It was Monday morning and I was on a call with a dozen others who are my peers. Each of us helps the small business owner with their businesses in one way or the other. It was at the end of the call and we were each sharing our websites and going over how to make little improvements here and there. Time was running out and there was just enough time for one more website review, I volunteered. As my site was coming up for all to see suddenly the screen turned a maroon red with an outline of a security officer with his hand stretched out and the words of"don't precede malware danger." There was more but I was too horrified to remember exactly what it said. I was concerned about my website on being destroyed plus humiliated the people on the call visit the site had seen me so vulnerable that I had spent hours.

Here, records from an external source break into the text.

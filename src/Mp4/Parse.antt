-- ===== src/Mp4/Parse.antt =====
-- What the parser does on any bytes, well formed or not.
use native.Mathlib.Decide.{dec_lt, ℕ_discrete}
use mediaflow_proxy_light.Base.{
  ℕ, zero, suc, ◌+◌, ◌-◌, ◌%◌, ◌^◌, ◌≤◌, ◌<◌, ◌≡◌, refl, [], ◌∷◌, some, none, Option, leb, length,
  take, drop, length-take, Bytes, be_at, from_be_bytes, slice_in_range, slice_out_of_range, Outcome,
  done, panic, stuck, arith, le→ltb, ◌≢◌, ◌↔◌, inl, inr, ◌⊎◌, Bool-cases, lt→ltb, ==_iff, ==_ne,
  >>=-ne-stuck, >>=-eq-done,
}
use mediaflow_proxy_light.Mp4.{
  Atom, new_atom, cut_atom, read_atom_at, Parser, new_parser, read_atom, list_atoms_loop, push_atom,
  advance, list_atoms, children_of,
}

abbrev pub IsByteString : Bytes → Type 0
IsByteString [] = Unit
IsByteString (b ∷ bs) = (b < 256) × IsByteString bs

pub IsByteString-take : (n : ℕ) (d : Bytes) → IsByteString d → IsByteString (take n d)
IsByteString-take zero d h = tt
IsByteString-take (suc n) [] h = tt
IsByteString-take (suc n) (b ∷ bs) (x, h) = (x, IsByteString-take n bs h)

pub IsByteString-drop : (n : ℕ) (d : Bytes) → IsByteString d → IsByteString (drop n d)
IsByteString-drop zero d h = h
IsByteString-drop (suc n) [] h = tt
IsByteString-drop (suc n) (b ∷ bs) (x, h) = IsByteString-drop n bs h

-- At most eight bytes make a number of 64 bits.
from_be_bytes_eight : (d : Bytes) → IsByteString d → length d ≤ 8 → from_be_bytes d < 2 ^ 64
unfolding from_be_bytes
from_be_bytes_eight [] h n = omega arith
from_be_bytes_eight (a ∷ []) h n = omega arith
from_be_bytes_eight (a ∷ b ∷ []) h n = omega arith
from_be_bytes_eight (a ∷ b ∷ c ∷ []) h n = omega arith
from_be_bytes_eight (a ∷ b ∷ c ∷ d ∷ []) h n = omega arith
from_be_bytes_eight (a ∷ b ∷ c ∷ d ∷ e ∷ []) h n = omega arith
from_be_bytes_eight (a ∷ b ∷ c ∷ d ∷ e ∷ f ∷ []) h n = omega arith
from_be_bytes_eight (a ∷ b ∷ c ∷ d ∷ e ∷ f ∷ g ∷ []) h n = omega arith
from_be_bytes_eight (a ∷ b ∷ c ∷ d ∷ e ∷ f ∷ g ∷ k ∷ []) h n = omega arith
from_be_bytes_eight (a ∷ b ∷ c ∷ d ∷ e ∷ f ∷ g ∷ k ∷ l ∷ r) h n = absurd (omega arith)

pub be_at_eight : (d : Bytes) (pos : ℕ) → IsByteString d → be_at 8 d pos < 2 ^ 64
unfolding be_at
be_at_eight d pos h =
    from_be_bytes_eight (take 8 (drop pos d)) (IsByteString-take 8 _ (IsByteString-drop pos d h))
      (omega (arith, length-take 8 (drop pos d)))

from_be_bytes_four : (d : Bytes) → IsByteString d → length d ≤ 4 → from_be_bytes d < 2 ^ 32
unfolding from_be_bytes
from_be_bytes_four [] h n = omega arith
from_be_bytes_four (a ∷ []) h n = omega arith
from_be_bytes_four (a ∷ b ∷ []) h n = omega arith
from_be_bytes_four (a ∷ b ∷ c ∷ []) h n = omega arith
from_be_bytes_four (a ∷ b ∷ c ∷ d ∷ []) h n = omega arith
from_be_bytes_four (a ∷ b ∷ c ∷ d ∷ e ∷ r) h n = absurd (omega arith)

pub be_at_four : (d : Bytes) (pos : ℕ) → IsByteString d → be_at 4 d pos < 2 ^ 32
unfolding be_at
be_at_four d pos h =
    from_be_bytes_four (take 4 (drop pos d)) (IsByteString-take 4 _ (IsByteString-drop pos d h))
      (omega (arith, length-take 4 (drop pos d)))

-- The outcomes of `cut_atom`, by the size that it is given.
module _ (d : Bytes) (pos header_len size : ℕ) (short : length d < 2 ^ 63)
    (head_fits : pos + header_len ≤ length d) (narrow : size < 2 ^ 64) where
  cut_atom_small : size < header_len → cut_atom d pos (length d) header_len size ≡ done none
  unfolding cut_atom
  cut_atom_small h = ground arith

  cut_atom_long :
      length d < pos + size
      → pos + size < 2 ^ 64
      → cut_atom d pos (length d) header_len size ≡ done none
  unfolding cut_atom
  cut_atom_long h k = ground arith

  cut_atom_fits :
      header_len ≤ size
      → pos + size ≤ length d
      → cut_atom d pos (length d) header_len size
        ≡ done (
            some (
              new_atom
                  (be_at 4 d (pos + 4))
                  (take (pos + size - (pos + header_len)) (drop (pos + header_len) d)),
              pos + size,
            ))
  unfolding cut_atom
  cut_atom_fits h k = ground (arith, slice_in_range d (pos + header_len) (pos + size))

  cut_atom_wraps :
      header_len ≤ size → 2 ^ 64 ≤ pos + size → cut_atom d pos (length d) header_len size ≡ panic
  unfolding cut_atom
  cut_atom_wraps h k =
      ground (arith, slice_out_of_range d (pos + header_len) ((pos + size) % 2 ^ 64))

-- The three things that come of a header whose bytes are in range.
pub data Cut (d : Bytes) (pos header_len size : ℕ) : Outcome (Option (Atom × ℕ)) → Type 0 where
  rejected :
      (size < header_len) ⊎ ((length d < pos + size) × (pos + size < 2 ^ 64))
      → Cut d pos header_len size (done none)
  accepted :
      header_len ≤ size
      → pos + size ≤ length d
      → Cut d pos header_len size (
          done (
            some (
              new_atom
                  (be_at 4 d (pos + 4))
                  (take (pos + size - (pos + header_len)) (drop (pos + header_len) d)),
              pos + size,
            )))
  wrapped : header_len ≤ size → 2 ^ 64 ≤ pos + size → Cut d pos header_len size panic

pub cut_atom-Cut :
    (d : Bytes) (pos header_len size : ℕ)
    → length d < 2 ^ 63
    → pos + header_len ≤ length d
    → size < 2 ^ 64
    → Cut d pos header_len size (cut_atom d pos (length d) header_len size)
cut_atom-Cut d pos header_len size short fits narrow = elim (dec_lt size header_len) [
  | yes small ↦
      rw (cut_atom_small d pos header_len size short fits narrow small) (rejected (inl small))
  | no large ↦ elim (dec_lt (length d) (pos + size)) [
    | no within ↦
        rw (cut_atom_fits d pos header_len size short fits narrow (omega arith) (omega arith))
          (accepted (omega arith) (omega arith))
    | yes long ↦ elim (dec_lt (pos + size) (2 ^ 64)) [
      | yes narrow_sum ↦
          rw (cut_atom_long d pos header_len size short fits narrow long narrow_sum)
            (rejected (inr (long, narrow_sum)))
      | no wide ↦
          rw (cut_atom_wraps d pos header_len size short fits narrow (omega arith) (omega arith))
            (wrapped (omega arith) (omega arith))
    ]
  ]
]

-- What `read_atom_at` may come to at `pos`.
pub data Read (d : Bytes) (pos : ℕ) : Outcome (Option (Atom × ℕ)) → Type 0 where
  nothing : Read d pos (done none)
  atom :
      (head next : ℕ)
      → 8 ≤ head
      → pos + head ≤ next
      → next ≤ length d
      → Read d pos (
          done (
            some (
              new_atom (be_at 4 d (pos + 4)) (take (next - (pos + head)) (drop (pos + head) d)),
              next,
            )))
  overflow :
      pos + 16 ≤ length d
      → be_at 4 d pos ≡ 1
      → 2 ^ 64 ≤ pos + be_at 8 d (pos + 8)
      → Read d pos panic

Cut-Read :
    (d : Bytes) (pos header_len size : ℕ) {r : Outcome (Option (Atom × ℕ))}
    → 8 ≤ header_len
    → (2 ^ 64 ≤ pos + size
        → (pos + 16 ≤ length d) × (be_at 4 d pos ≡ 1) × (size ≡ be_at 8 d (pos + 8)))
    → Cut d pos header_len size r
    → Read d pos r
Cut-Read d pos header_len size h k (rejected _) = nothing
Cut-Read d pos header_len size h k (accepted a b) = atom header_len (pos + size) h (omega arith) b
Cut-Read d pos header_len size h k (wrapped a b) = let (x, y, z) = k b in overflow x y (omega arith)

-- `read_atom_at` on a byte string that is shorter than 2 ^ 63.
module _ (d : Bytes) (bytes : IsByteString d) (short : length d < 2 ^ 63) where
  cut_atom-Read_wide :
      (pos : ℕ)
      → pos + 16 ≤ length d
      → be_at 4 d pos ≡ 1
      → Read d pos (cut_atom d pos (length d) 16 (be_at 8 d (pos + 8)))
  cut_atom-Read_wide pos room e =
      Cut-Read d pos 16 (be_at 8 d (pos + 8)) (omega arith) (λ _. (room, e, refl))
        (cut_atom-Cut d pos 16 _ short room (be_at_eight d (pos + 8) bytes))

  cut_atom-Read :
      (pos size : ℕ)
      → pos + 8 ≤ length d
      → size < 2 ^ 63
      → Read d pos (cut_atom d pos (length d) 8 size)
  cut_atom-Read pos size room small =
      Cut-Read d pos 8 size (omega arith) (λ wide. absurd (omega arith))
        (cut_atom-Cut d pos 8 size short room (omega arith))

  pub read_atom_at-Read : (pos : ℕ) → Read d pos (read_atom_at d pos (length d))
  unfolding read_atom_at
  read_atom_at-Read pos = elim (dec_lt (length d) (pos + 8)) [
    | yes end ↦ rw (lt→ltb _ _ end) nothing
    | no room ↦
        rw (le→ltb (length d) (pos + 8) (omega arith)) (elim (ℕ_discrete (be_at 4 d pos) 1) [
          | yes wide ↦ rw ((==_iff (be_at 4 d pos) 1).1 wide) (elim (dec_lt (length d) (pos + 16)) [
            | yes end ↦ rw (lt→ltb _ _ end) nothing
            | no room' ↦
                rw (le→ltb (length d) (pos + 16) (omega arith))
                  (cut_atom-Read_wide pos (omega arith) wide)
          ])
          | no narrow ↦ rw (==_ne _ _ narrow) (elim (ℕ_discrete (be_at 4 d pos) 0) [
            | yes rest ↦
                rw ((==_iff (be_at 4 d pos) 0).1 rest)
                  (cut_atom-Read pos (length d - pos) (omega arith) (omega arith))
            | no sized ↦ rw (==_ne _ _ sized) (
                cut_atom-Read pos (be_at 4 d pos) (omega arith)
                  (omega (arith, be_at_four d pos bytes)))
          ])
        ])
  ]

  Read-ne-stuck : {pos : ℕ} {r : Outcome (Option (Atom × ℕ))} → Read d pos r → r ≢ stuck
  Read-ne-stuck nothing = λ e. cc
  Read-ne-stuck (atom head next a b c) = λ e. cc
  Read-ne-stuck (overflow a b c) = λ e. cc

  Read-bounds :
      {pos : ℕ} {r : Outcome (Option (Atom × ℕ))} {a : Atom} {next : ℕ}
      → Read d pos r
      → r ≡ done (some (a, next))
      → (pos + 8 ≤ next) × (next ≤ length d)
  Read-bounds nothing e = cc
  Read-bounds (atom head next a b c) e = ground arith
  Read-bounds (overflow a b c) e = cc

  read_atom-ne-stuck : (p : Parser) → p.buffer ≡ d → read_atom p ≢ stuck
  unfolding read_atom
  read_atom-ne-stuck p e = rw e (
      >>=-ne-stuck (read_atom_at d p.position (length d)) _
        (Read-ne-stuck (read_atom_at-Read p.position)) (λ o _ h. cc))

  -- A successful read moves on by eight bytes at least, and stays within the buffer.
  pub read_atom_bounds :
      (p q : Parser) (a : Atom)
      → p.buffer ≡ d
      → read_atom p ≡ done (some a, q)
      → (q.buffer ≡ d) × (p.position + 8 ≤ q.position) × (q.position ≤ length d)
  unfolding read_atom
  read_atom_bounds p q a e h =
      let (o, r, f) =
        >>=-eq-done (read_atom_at p.buffer p.position (length p.buffer)) (λ r. done (advance p r))
          h in
      found o (rw e at r) f
    where
      found :
          (o : Option (Atom × ℕ))
          → read_atom_at d p.position (length d) ≡ done o
          → done (advance p o) ≡ done (some a, q)
          → (q.buffer ≡ d) × (p.position + 8 ≤ q.position) × (q.position ≤ length d)
      found none r f = cc
      found (some (b, next)) r f = ground (arith, Read-bounds (read_atom_at-Read p.position) r)

  -- Each round of the loop moves on by eight bytes at least, so the fuel is not used up.
  list_atoms_loop-ne-stuck :
      (fuel : ℕ) (p : Parser)
      → p.buffer ≡ d
      → length d < fuel + p.position
      → p.position ≤ length d
      → list_atoms_loop fuel p ≢ stuck
  unfolding list_atoms_loop
  list_atoms_loop-ne-stuck zero p e h k = absurd (omega arith)
  list_atoms_loop-ne-stuck (suc fuel) p e h k =
      elim (Bool-cases (leb (p.position + 8) (length p.buffer))) [
        | inr end ↦ rw (end, list_atoms_loop) (λ q. cc)
        | inl more ↦
            rw (more, list_atoms_loop)
              (>>=-ne-stuck (read_atom p) _ (read_atom-ne-stuck p e)
                (after_read (λ q f h' k'. list_atoms_loop-ne-stuck fuel q f h' k')))
      ]
    where
      after_read :
          ((q : Parser)
            → q.buffer ≡ d
            → length d < fuel + q.position
            → q.position ≤ length d
            → list_atoms_loop fuel q ≢ stuck)
          → (r : Option Atom × Parser) → read_atom p ≡ done r
          → push_atom (list_atoms_loop fuel) r ≢ stuck
      after_read ih (none, q) f = λ x. cc
      after_read ih (some a, q) f =
          let (same, on, within) = read_atom_bounds p q a e f in
          >>=-ne-stuck (list_atoms_loop fuel q) _ (ih q same (omega arith) within) (λ _ _ x. cc)

  -- The listing of any byte string shorter than 2 ^ 63 bytes ends: it returns the atoms, or it panics.
  pub children_of-ne-stuck : children_of d ≢ stuck
  unfolding children_of list_atoms
  children_of-ne-stuck =
      list_atoms_loop-ne-stuck (suc (length d)) (new_parser d) refl (omega arith) (omega arith)

  -- Reading an atom from a byte string shorter than 2 ^ 63 bytes panics exactly where the header holds a 64-bit size that wraps the position
  -- around; everything else that is wrong with a header is answered by `None`.
  pub read_atom_at-panic_iff :
      (pos : ℕ)
      → (read_atom_at d pos (length d) ≡ panic)
        ↔ ((pos + 16 ≤ length d) × (be_at 4 d pos ≡ 1) × (2 ^ 64 ≤ pos + be_at 8 d (pos + 8)))
  unfolding read_atom_at
  read_atom_at-panic_iff pos = (
    λ e. only (read_atom_at-Read pos) e,
    λ (room, wide, far).
        rw
          (
            le→ltb (length d) (pos + 8) (omega arith),
            (==_iff (be_at 4 d pos) 1).1 wide,
            le→ltb (length d) (pos + 16) (omega arith),
          )
          (cut_atom_wraps d pos 16 (be_at 8 d (pos + 8)) short room (be_at_eight d (pos + 8) bytes)
            (omega (arith, be_at_eight d (pos + 8) bytes)) far),
  )
    where
      only :
          {r : Outcome (Option (Atom × ℕ))}
          → Read d pos r
          → r ≡ panic
          → (pos + 16 ≤ length d) × (be_at 4 d pos ≡ 1) × (2 ^ 64 ≤ pos + be_at 8 d (pos + 8))
      only nothing e = cc
      only (atom head next a b c) e = cc
      only (overflow a b c) e = (a, b, c)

Finally, fix hacked wordpress site will even tell you that there's not any htaccess in the wp-admin/ directory. You can put a.htaccess file if you desire, and you can use it to control access by IP address to the wp-admin directory or address range. Details of how to do that are readily available on the internet.
A simple way would be to use a few tools that are built-in. To begin with, do not allow people run a web host security scan to list the files in your folders and automatically backup your whole web hosting account.
I don't think there is a person out there that after learning just how much of a problem WordPress hacking is that it is a fantastic idea to boost the safety of their blogs. However is that when it comes to securing their blogs, bloggers seem to be stuck in this reactive state.
It's really sexy to fan the flames of fear. That is what bloggers and journalists and politicians and public figures mostly do. It's terrific for readership and it brings money. Balderdash.
Do not use wp_. Web hosting providers are currently removing that default but if yours doesn't, fix wp_ to anything else but that.